# Fantastic heat panels from Russ (Retic666)



## Jibbajabba (Jan 31, 2011)

@retic666 is not just a top bloke (spent ours with him on the phone I think lol) but sells some great heat panels. I don't like CHEs because they get so damn hot and I always struggled with ambient temps especially in large vivs.

The only heat panels here were from habitstat but those are discontinued and they were 75W only.

I appreciate the fact he thought outside the box and didn't go with reptile ones.

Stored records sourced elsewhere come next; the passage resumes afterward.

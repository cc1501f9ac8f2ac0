-- ===== src/Examples/Delivery.antt =====
-- Runs of the daemon on the sample data.
use geodineum_comms.Prelude.{arith, ◌≡◌, refl, true, false, none, some, []}
use geodineum_comms.Errors.{ok, to_string}
use geodineum_comms.Prelude.Dict.{lookup, insert}
use geodineum_comms.Dtap.{is_production}
use geodineum_comms.Message.{should_receive}
use geodineum_comms.Settings.Store.{get_settings}
use geodineum_comms.Router.Dispatcher.{dispatch_to, determine_channels, first_rule, dispatch_one}
use geodineum_comms.Router.Channel.{
  MessageDispatcher, dispatch_to_channel, plan, plan_with, get_channel_config, filter_recipients,
  send_all, count_send, send_outcome, join,
}
use geodineum_comms.Router.Outcome.{note, skip_of, add_failed, add_sent, has_retryable_failures}
use geodineum_comms.Daemon.Failures.{IsAwaited, failures_are_retried}
use geodineum_comms.Retry.{Reply, get_retry_state, fresh}
use geodineum_comms.Retry.Attempts.{reachable}
use geodineum_comms.Router.Channel.{send_block}
use geodineum_comms.Router.Channel.Gate.{Grows}
use geodineum_comms.Router.Outcome.{no_result}
use geodineum_comms.Router.Dispatcher.{dispatch, dispatch_filtered, dispatch_loop}
use geodineum_comms.Router.Dispatcher.Sends.{IsAllowedBySite, dispatch_filtered_sends}
use geodineum_comms.Router.Dispatcher.Accounting.{IsAccounted}
use geodineum_comms.Router.Target.{target_of}
use geodineum_comms.Router.Target.Choice.{Chooses, target_of-Chooses}
use geodineum_comms.Daemon.{process_message, acknowledge}
use geodineum_comms.Daemon.Fence.{IsFenced, process_message_fence}
use geodineum_comms.Daemon.Sends.{IsRouted, process_message_sends}
use geodineum_comms.Examples.{
  refusing, served, failed_result, setup, moment, contact, daemon, world, dispatcher, providers,
  shop,
}

-- The mail server refuses the sample message.
refused_dispatch :
    dispatch refusing.providers refusing.dispatcher contact world ≡ (served, ok failed_result)
unfolding dispatch dispatch_filtered get_settings dispatch_to determine_channels first_rule
    dispatch_loop dispatch_one dispatch_to_channel plan plan_with send_block is_production
    get_channel_config filter_recipients should_receive send_all count_send send_outcome join note
    skip_of add_failed add_sent to_string lookup insert
refused_dispatch = refl

refused_filtered :
    dispatch_filtered refusing.providers refusing.dispatcher contact none world
    ≡ (served, ok failed_result)
unfolding dispatch
refused_filtered = refused_dispatch

none_yet : IsAccounted 0 (no_result "m1")
unfolding has_retryable_failures
none_yet = record { total = refl; shared = refl; again = refl }

abbrev held : MessageDispatcher
held = record dispatcher { delivery_off = true }

held_block : send_block true false "production" ≡ some "delivery_off"
unfolding send_block
held_block = refl

process_message_sends_example :
    Grows
      (IsRouted setup moment contact daemon)
      []
      (process_message setup moment contact "1-0" daemon).world.sent
process_message_sends_example = process_message_sends setup moment contact "1-0" daemon

process_message_fence_example :
    IsFenced setup moment contact "1-0" daemon (process_message setup moment contact "1-0" daemon)
process_message_fence_example = process_message_fence setup moment contact "1-0" daemon

never_failed : get_retry_state reachable 5_000 "shop" "m1" [] ≡ Reply.ok none
unfolding get_retry_state lookup
never_failed = refl

failures_are_retried_example :
    IsAwaited refusing moment contact "1-0" world served failed_result refused_dispatch daemon
      (acknowledge refusing moment contact "1-0" failed_result daemon)
      none
unfolding fresh
failures_are_retried_example =
    failures_are_retried refusing moment contact "1-0" world served failed_result refused_dispatch
      daemon none refl refl never_failed (omega arith) (λ r. omega arith)

dispatch_filtered_sends_example :
    Grows
      (IsAllowedBySite providers dispatcher contact none world)
      []
      (dispatch_filtered providers dispatcher contact none world).0.sent
dispatch_filtered_sends_example = dispatch_filtered_sends providers dispatcher contact none world

target_of-Chooses_example :
    Chooses dispatcher providers shop contact world
      (target_of providers dispatcher shop contact none world)
target_of-Chooses_example = target_of-Chooses dispatcher providers shop contact world none refl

These are heatpanels you'd use in your home but Russ creates brackets for them which makes them a breeze to mount.

I got two panels from him.

600x600 (380W)
600x300 (180W)

and so far I am pleased (need on/off stat but Russ can modify them for dimming).

Here I am using the big one for the hot side









And the smaller one for the cold side









The viv is 8ft and I am glad the gradient works perfectly









What I like is that they are infrared so they should help with deep heating the noodles 

Again, great bloke - highly recommended and fantastic price too.

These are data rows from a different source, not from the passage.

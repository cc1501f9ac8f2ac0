-- ===== src/Examples/Inbound.antt =====
-- The results on the streams at concrete inputs.
use geodineum_comms.Prelude.{◌≡◌, refl, true, false, none, some, List, [], ◌∷◌}
use geodineum_comms.Prelude.Dict.{lookup}
use geodineum_comms.Prelude.Chars.{
  trim, upto, strip_prefix, trim_start, trim_end, trim_start_char, trim_end_char,
  eq_ignore_ascii_case,
}
use geodineum_comms.Dtap.{is_production}
use geodineum_comms.Errors.{ok}
use geodineum_comms.Daemon.{stream_key}
use geodineum_comms.Router.Dispatcher.{dispatch_filtered}
use geodineum_comms.Consumer.{
  Decoder, StreamEntry, parse_message, message_of, is_site_id, site_of_key, validate_site_id,
}
use geodineum_comms.Consumer.Discovery.{SiteDiscovery, get_stream_key}
use geodineum_comms.Consumer.Reading.{
  StreamConsumer, Answers, StreamReadReply, read_messages, maybe_rediscover,
}
use geodineum_comms.Consumer.Gate.{HasValidSites, read_messages-HasValidSites}
use geodineum_comms.Consumer.DryRun.{unstamped_not_sent}
use geodineum_comms.Consumer.Groups.{IsCovered, maybe_rediscover-IsCovered}
use geodineum_comms.Consumer.Acked.{stream_key-parse_message}
use geodineum_comms.Examples.{providers, dispatcher, world, setup}

abbrev decoder : Decoder
decoder = record {
  sender = λ s. none;
  content = λ s. none;
  metadata = λ s. none;
  dispatch = λ s. none;
  to = λ s. none;
  quoted = λ s. s;
  now = "2026-01-01T00:00:00Z";
}

abbrev staging : SiteDiscovery
staging = record { known_sites = "shop" ∷ []; environment = "staging" }

abbrev live : SiteDiscovery
live = record { known_sites = "shop" ∷ []; environment = "production" }

abbrev entry : StreamEntry
entry = record { id = "1-0"; fields = ("type", "contact") ∷ ("body", "Hello") ∷ [] }

parsed_staging :
    parse_message decoder (get_stream_key "shop" staging) entry
    ≡ ok (message_of decoder (get_stream_key "shop" staging) "shop" entry)
unfolding parse_message get_stream_key site_of_key validate_site_id is_site_id upto strip_prefix
    trim_start_char trim_end_char
parsed_staging = refl

site_is_valid : is_site_id "shop" ≡ true
unfolding is_site_id
site_is_valid = refl

staging_held : is_production "staging" ≡ false
unfolding is_production eq_ignore_ascii_case
staging_held = refl

unstamped_not_sent_example :
    (dispatch_filtered providers dispatcher
      (message_of decoder (get_stream_key "shop" staging) "shop" entry)
      none
      world).0.sent
    ≡ []
unfolding lookup upto strip_prefix trim trim_start trim_end
unstamped_not_sent_example =
    unstamped_not_sent decoder providers dispatcher none world "shop" staging entry
      (message_of decoder (get_stream_key "shop" staging) "shop" entry) refl site_is_valid refl
      staging_held parsed_staging

parsed_live :
    parse_message decoder (get_stream_key "shop" live) entry
    ≡ ok (message_of decoder (get_stream_key "shop" live) "shop" entry)
unfolding parse_message get_stream_key site_of_key validate_site_id is_site_id upto strip_prefix
    trim_start_char trim_end_char
parsed_live = refl

stream_key-parse_message_example :
    stream_key setup (message_of decoder (get_stream_key "shop" live) "shop" entry)
    ≡ get_stream_key "shop" live
stream_key-parse_message_example =
    stream_key-parse_message decoder setup "shop" live entry
      (message_of decoder (get_stream_key "shop" live) "shop" entry) site_is_valid refl parsed_live

abbrev scanned : Answers
scanned = record {
  now = 100;
  keys = ok ("{shop}:gnode:comms:production" ∷ "{blog}:gnode:comms:production" ∷ []);
  meta = none;
  no_group = λ key. none;
}

abbrev consumer : StreamConsumer
consumer = record {
  site_discovery = record { known_sites = []; environment = "production" };
  groups = [];
  discovery_interval = 60;
  last_discovery = 0;
}

abbrev reply : List StreamReadReply
reply = record { key = "{shop}:gnode:comms:production"; entries = entry ∷ [] } ∷ []

read_messages-HasValidSites_example :
    HasValidSites (read_messages decoder scanned (λ groups keys. ok (some reply)) consumer).1
read_messages-HasValidSites_example =
    read_messages-HasValidSites decoder scanned (λ groups keys. ok (some reply)) consumer

maybe_rediscover-IsCovered_example : IsCovered (maybe_rediscover scanned consumer)
maybe_rediscover-IsCovered_example =
    maybe_rediscover-IsCovered scanned consumer (λ key. refl) no_streams
  where
    no_streams : IsCovered consumer
    no_streams site h = cc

Panels also come with a power LED so if you don't trust your stat you can see when the panel is still heating









Now I am not done with testing yet. You can see I don't have substrate, hides or waterbowl in it, but I don't anticipate any further issues.

Thanks Russ.


----------



## Malc (Oct 27, 2009)

You may want to change the title.... When I read that I though Russ had sold you some dodgy bit of kit that were cracking and falling apart.....  

They look really good. That's going to be one happy boa when she goes in....

Now all Russ needs to do is get the company that makes these to make a smaller panel in the range of 300 x 200mm so they can be used in 3' and 4' vivs and I think he could retire by this time next year


----------



## Jibbajabba (Jan 31, 2011)

Thanks Malc, changed title  

I pull my 'German I am not native' card lol 

But agree - the lack of decent panels in Europe is annoying so Russ should scale that


----------



## retic666 (Jan 18, 2021)

Jibbajabba said:


> @retic666 is not just a top bloke (spent ours with him on the phone I think lol) but sells some great heat panels. I don't like CHEs because they get so damn hot and I always struggled with ambient temps especially in large vivs.
> 
> The only heat panels here were from habitstat but those are discontinued and they were 75W only.
> 
> ...


Cheers Michael looking good 👍 Glad your pleased with them.


----------



## retic666 (Jan 18, 2021)

Malc said:


> You may want to change the title.... When I read that I though Russ had sold you some dodgy bit of kit that were cracking and falling apart.....
> 
> They look really good. That's going to be one happy boa when she goes in....
> 
> Now all Russ needs to do is get the company that makes these to make a smaller panel in the range of 300 x 200mm so they can be used in 3' and 4' vivs and I think he could retire by this time next year


Tbat would be awesome if they did a panel heater that size. I will let you guys know if I come across one.


----------